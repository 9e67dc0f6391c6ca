-- ===== src/Examples/Startup.antt =====
-- The start of a server at concrete inputs.
use mpc_server.Common.{
  Bool, false, Text, ◌++◌, ◌≢◌, arith, err, lookup, ◌≡◌, ◌⊎◌, refl, true, [], ◌∷◌, none, some, ok,
  bytes,
}
use mpc_server.Externals.{the_sled, the_crypto}
use mpc_server.Coordinator.State.{new}
use mpc_server.Startup.Keystore.{
  Files, get_secret_key, check_mode, trim, white_start, white_end, skip_white, reverse_onto,
}
use mpc_server.Proto.{KeygenRequest}
use mpc_server.Server.{keygen, internal}
use mpc_server.Transport.Clients.{join_computation_via_messenger, subscribe_messenger}
use mpc_server.Startup.{
  Bound, run_main, metrics_server_error, main, Running, spawned, use_messenger, joined, Outside,
  Cli, ended, forwards, bootstrap, precheck,
}
use mpc_server.Startup.Addresses.{Ipv4Addr, Ipv6, Ipv6Laws, IpAddr, v4, v6}
use mpc_server.Startup.Serving.{run_main-cases}
use mpc_server.Startup.Runs.{IsJoined, IsRefused, main_lem}
use mpc_server.Examples.Instances.{libraries, wire_serde}
use mpc_server.Examples.Network.{list_surf, list_redis}
use mpc_server.Examples.Inputs.{alice}

-- A password file with a line end, which its owner may read; the key is the password.
abbrev files : Files
files = record {
  mode = λ path. some 33024;
  read_to_string = λ path. some (bytes "02alice000\n");
  decrypt_key = λ path password. some password;
}

unlocked : get_secret_key files (bytes "key" ∷ []) (bytes "password" ∷ []) ≡ ok (alice, alice)
unfolding get_secret_key check_mode trim white_start white_end skip_white reverse_onto
unlocked = refl

-- Addresses of version 6, by a group and the rest of their text.
abbrev hex_ipv6 : Ipv6
hex_ipv6 = record {
  Addr = Text;
  show = λ rest. bytes "fe80" ++ (58 ∷ rest);
  parse_in_brackets = λ text. none;
}

hex_ipv6_laws : Ipv6Laws ⦃six = hex_ipv6⦄
hex_ipv6_laws = record {
  first_group = λ rest. (bytes "fe80", rest, (refl, (refl, (refl, (refl, tt)))), refl);
}

abbrev loopback : IpAddr ⦃six = hex_ipv6⦄
loopback = v4 (record { a = 127; b = 0; c = 0; d = 1 })

instance abbrev outside : Outside
outside = record {
  surf = list_surf;
  redis = list_redis;
  broker = [];
  channel = [];
  join_healthcheck = λ url. some url;
  answers = λ url. true;
  connects = λ client. true;
  open_db = λ path. some [];
  files = files;
  ipv6 = hex_ipv6;
  binds = λ address port. true;
}

abbrev args : Cli
args = record {
  messenger_address = some (bytes "http://localhost/");
  redis_url = none;
  address = loopback;
  port = 8080;
  keystore_path = bytes "key" ∷ [];
  password_path = bytes "password" ∷ [];
  db_path = bytes "db" ∷ [];
}

abbrev running : Running
running = spawned [] (some (forwards (new alice [] 0)))

abbrev request : KeygenRequest
request = record { request_id = bytes "r"; participant_public_keys = alice ∷ []; threshold = 0 }

was_started : main args 0 ≡ some running
unfolding main precheck bootstrap use_messenger join_computation_via_messenger subscribe_messenger
    joined get_secret_key check_mode trim white_start white_end skip_white reverse_onto
was_started = refl

main_lem_example :
    (IsJoined args alice
      × (running.task ≡ some (forwards (new alice [] 0)))
      × (running.api.tx.is_open ≡ true))
    ⊎ (IsRefused args alice
        × (running.task ≡ some ended)
        × ((keygen request running.api).0 ≡ err internal))
unfolding lookup
main_lem_example = main_lem args alice alice [] 0 running request was_started unlocked refl refl

-- The API ends well and the metrics do not.
abbrev ends : Bound → Bool × Bool
ends bound = (false, true)

run_main-cases_example :
    ((ip : Ipv4Addr) × (args.address ≡ v4 ip)
      × (run_main args 0 ends ≡ some (err metrics_server_error))
      × (args.port ≢ 8180))
    ⊎ ((ip : Text) × (args.address ≡ v6 ip) × (run_main args 0 ends ≡ none))
run_main-cases_example =
    run_main-cases hex_ipv6_laws args 0 ends running
      (omega arith, omega arith, omega arith, omega arith) (omega arith) refl was_started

++++++++++++++++++++

* _Problem requirements_:
How many lines in the records hold the string "IpAddr"? Answer with only that number.

* _Task result_:
2